Are you trying to get a bun in the oven, but want to know more about your chances and what you can do to help the process (versus just blind shooting)? As all mums and mums-to-be know, it’s important to have realistic expectations about fertility. While having a knowledge buffer about fertility rates can, on the one hand, help relieve stress, it can on the other hand, also prevent dangerous complacency.
Pregnancy rates for each age group is a good place to start. For example, the chances of getting pregnant in your 20s are 20-25% per cycle, that is, 25% of women will get pregnant on each cycle of unprotected intercourse.
Age: Pregnancy Rate:
20s 20 to 25%
Early 30’s 15%
35 to 40 10%
Over 40 less than 5%
Over 45 less than 1%
The perception of secondary infertility can frequently be caused by the randomness of conception and ageing. Basically, if you’re lucky enough to be in the first 15% getting pregnant at 34 (we got pregnant on our first try) and the last 10% when you are trying for your second baby at 37 (we have been trying for eight months and we are still not pregnant) you are still within the normal range, although it might not feel like it.
Unbalanced stories in the media can skew our thinking about the right time to have a family. For every miracle pregnancy at 50 years of age that is given air time or column inches, hundreds of women who try and fail to conceive go unreported. Celebrity pregnancies reported in the press may also be hiding the truth as to exactly how conception was achieved.
Equally to blame is the syndrome of perfectionism around childbearing. Some prospective parents wait to achieve social, economic and emotional perfection whilst ignoring the biological bottom line: a “perfect nest” means nothing without any eggs!
So, what’s a mama to do?
1) Get your timing right and don’t wait too long
If you’re absolutely sure you want children and want to maximise the chances of achieving the family you want, start as soon as you can. For women with regular cycles, we recommend trying to conceive at 34 years of age if you want two children, 33 for three children and 35 for one child.
If you have irregular cycles or known conditions that might affect your fertility, such as blocked tubes, PCOS, endometriosis or a past history of serious medical problems, start at least a year earlier. Remember, pregnancies are not always easy or complication-free, so give yourself plenty of time to get over a miscarriage or other complications.
2) Take control
If you haven’t found Mr. Perfect at age 30 (or even Mr. Passably-OK), consider freezing your eggs.
If you have found Mr. Perfect and are over our recommended timeline by two years, but still can’t commit to trying for a baby, consider freezing your embryos.
Both these options presume you have good financial resources, the ability to travel (the Ministry of Health does not allow eggs to be frozen without a medical reason) and can take at least three weeks off work.
Let’s say these boats have sailed and you are now 39. You had your first baby at 37 and were guilted by the WHO into breastfeeding for two years but now you’ve been trying to get pregnant for the past six months without success.
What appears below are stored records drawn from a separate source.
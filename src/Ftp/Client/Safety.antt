-- ===== src/Ftp/Client/Safety.antt =====
-- Who gets logged in by ExecuteCommand of src/ftp/clientimpl.cpp.
use ebftpd.Prelude.{
  ◌≡◌, ◌≢◌, ◌⊎◌, refl, inl, inr, Bool, true, false, not, some, codes, str_eq, ℕ, Bool-cases,
  Option-cases, ◌&&◌, if◌then◌else◌,
}
use ebftpd.Ftp.Client.Admission.{
  Outside, Proven, leave-Outside, same-Outside, none-Outside, pass-cases, auth-Outside,
  user_command-Outside,
}
use ebftpd.Ftp.Client.Total.{let_through, found_pass, pass_def}
use ebftpd.Cmd.Rfc.{CommandDef, lookup, check_args}
use ebftpd.Ftp.Counters.{Counter}
use ebftpd.Ftp.Enums.{waiting_password, logged_in, finished, same_state}
use ebftpd.Ftp.Client.{Client, Site, Line, no_reply, check_state}
use ebftpd.Ftp.Client.Execute.{execute, execute_command, args_size}

execute-cases :
    (site : Site) (line : Line) (c : Client) (n : Counter)
    → c.state ≢ logged_in
    → Outside (execute site line c n)
      ⊎ ((str_eq line.name (codes "PASS") ≡ true) × Proven site line.arg_str c n)
unfolding execute
execute-cases site line c n ne = elim (Bool-cases (str_eq line.name (codes "PASS"))) [
  | inl e ↦ elim (pass-cases site line.arg_str c n ne) [ inl o ↦ inl (rw e o) | inr a ↦ inr (e, a) ]
  | inr e ↦ inl (elim (Bool-cases (str_eq line.name (codes "USER"))) [
    | inl f ↦ rw (e, f) (user_command-Outside site line.arg_str c n ne)
    | inr f ↦ elim (Bool-cases (str_eq line.name (codes "QUIT"))) [
      | inl g ↦ rw (e, f, g) (leave-Outside finished 221 c n (λ k. cc k))
      | inr g ↦ elim (Bool-cases (str_eq line.name (codes "AUTH"))) [
        | inl i ↦ rw (e, f, g, i) (auth-Outside site line.args c n ne)
        | inr i ↦ rw (e, f, g, i) (same-Outside c c n no_reply refl ne)
      ]
    ]
  ])
]

-- The guard of the table for PASS.
abbrev Passed : Site → Line → Client → Counter → Type 0
Passed site line c n =
    (str_eq line.name (codes "PASS") ≡ true)
    × (c.state ≡ waiting_password)
    × Proven site line.arg_str c n

found-cases :
    (site : Site) (line : Line) (c : Client) (n : Counter) (def : CommandDef) (allowed : Bool)
    (code : ℕ)
    → c.state ≢ logged_in
    → lookup line.name ≡ some def
    → check_state def.required_state c ≡ some (allowed, code)
    → Outside (
        if not allowed
        then some (c, n, code)
        else if same_state c.state logged_in && not site.pre_script
        then some (c, n, no_reply)
        else if not def.is_implemented
        then some (c, n, 502)
        else execute site line c n)
      ⊎ Passed site line c n
found-cases site line c n def false code ne e g = inl (same-Outside c c n code refl ne)
found-cases site line c n def true code ne e g =
    elim (Bool-cases (same_state c.state logged_in && not site.pre_script)) [
      | inl s ↦ inl (rw s (same-Outside c c n no_reply refl ne))
      | inr s ↦ elim (Bool-cases (not def.is_implemented)) [
        | inl i ↦ inl (rw (s, i) (same-Outside c c n 502 refl ne))
        | inr i ↦ elim (execute-cases site line c n ne) [
          | inl o ↦ inl (rw (s, i) o)
          | inr (k, a) ↦ inr (
            k,
            let_through line.name (codes "PASS") def pass_def c code e found_pass g (inr refl) k,
            a,
          )
        ]
      ]
    ]

execute_command-cases :
    (site : Site) (line : Line) (c : Client) (n : Counter)
    → c.state ≢ logged_in
    → Outside (execute_command site line c n) ⊎ Passed site line c n
unfolding execute_command
execute_command-cases site line c n ne = elim (Option-cases (lookup line.name)) [
  | inl e ↦ inl (rw (e, execute_command) (same-Outside c c n 500 refl ne))
  | inr (def, e) ↦ elim (Bool-cases (not (check_args def (args_size line.args)))) [
    | inl k ↦ inl (rw (e, execute_command, k) (same-Outside c c n 501 refl ne))
    | inr k ↦ elim (Option-cases (check_state def.required_state c)) [
      | inl g ↦ inl (rw (e, execute_command, k, g) none-Outside)
      | inr ((allowed, code), g) ↦ elim (found-cases site line c n def allowed code ne e g) [
        | inl o ↦ inl (rw (e, execute_command, k, g) o)
        | inr p ↦ inr p
      ]
    ]
  ]
]

-- A command after which a session is logged in that was not before is PASS, given after USER with
-- the right password of the user whom USER chose; and he comes from an allowed address, is not
-- deleted and not expired, has a directory to start in, is a siteop where the server is shut, and
-- has fewer logins than his limit, beside one that was kicked.
pub execute_command-Proven :
    (site : Site) (line : Line) (c c' : Client) (n n' : Counter) (code : ℕ)
    → c.state ≢ logged_in
    → execute_command site line c n ≡ some (c', n', code)
    → c'.state ≡ logged_in
    → (str_eq line.name (codes "PASS") ≡ true)
      × (c.state ≡ waiting_password)
      × Proven site line.arg_str c n
execute_command-Proven site line c c' n n' code ne e f =
    elim (execute_command-cases site line c n ne) [ inl o ↦ absurd (o c' n' code e f) | inr p ↦ p ]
You need to take action!
3) Self help
Stop breastfeeding. As un-PC as this sounds, breastfeeding for prolonged periods in older mothers is a major contributor to secondary infertility. Be clear about the consequences and your priorities. Does your child need six more months of breast milk or a sibling?
Stop travelling. The work and travel schedule of both parties can interfere with your chances of pregnancy. Commit to a number of tries per six months. Get organised and plan your time. Use ovulation predictors if they work for you.
De-stress. Go on holiday, do regular exercise, acupuncture, yoga, tai chi, hire another helper — whatever it takes, do it!
4) Professional help
Still not pregnant? At this point, you need a diagnosis and a management strategy. Diagnosis of secondary infertility can be divided broadly into two groups.
The lucky first timers are couples with underlying primary infertility problems (PCOS, low sperm count and endometriosis) but the first time around these problems were offset by youth and dare we say, enthusiasm. The absence of youth as well as the interval progression of the underlying condition may reveal itself as secondary infertility on the second attempt at pregnancy.
The unlucky second timers, on the other hand, are couples that had no underlying fertility issues but in the intervening time between pregnancies something changed. For example, a caesarean delivery causes a reduction in pregnancy rates compared with vaginal delivery. There are also complications related to miscarriages and ectopic pregnancies.
The biggest enemy is delay and denial. How aggressive you are depends on your age. If you have not gotten pregnant within six months of trying, get help. Have a timeline and a plan for investigations and treatment and if you’re still not pregnant after a year, IVF is probably necessary.
Management can involve a little bit of tweaking as opposed to full on IVF. Be clear with your gynaecologist what you are prepared to do. Look at your strengths and weaknesses, that is, can you afford to throw money at the problem or are you better throwing time and effort at the problem?
Get support and make sure you have the emotional reserve to go through the tough fertility treatments. Most good practices will have a psychologist to help you if you need it. Make sure the person giving you advice does not have a conflict of interest or if they do at least make sure they own up to it. Consider IVF in other countries as it may be cheaper! Remember if you are not married you cannot undergo IVF in Singapore, so bottom line? Plan ahead and consult a doctor early.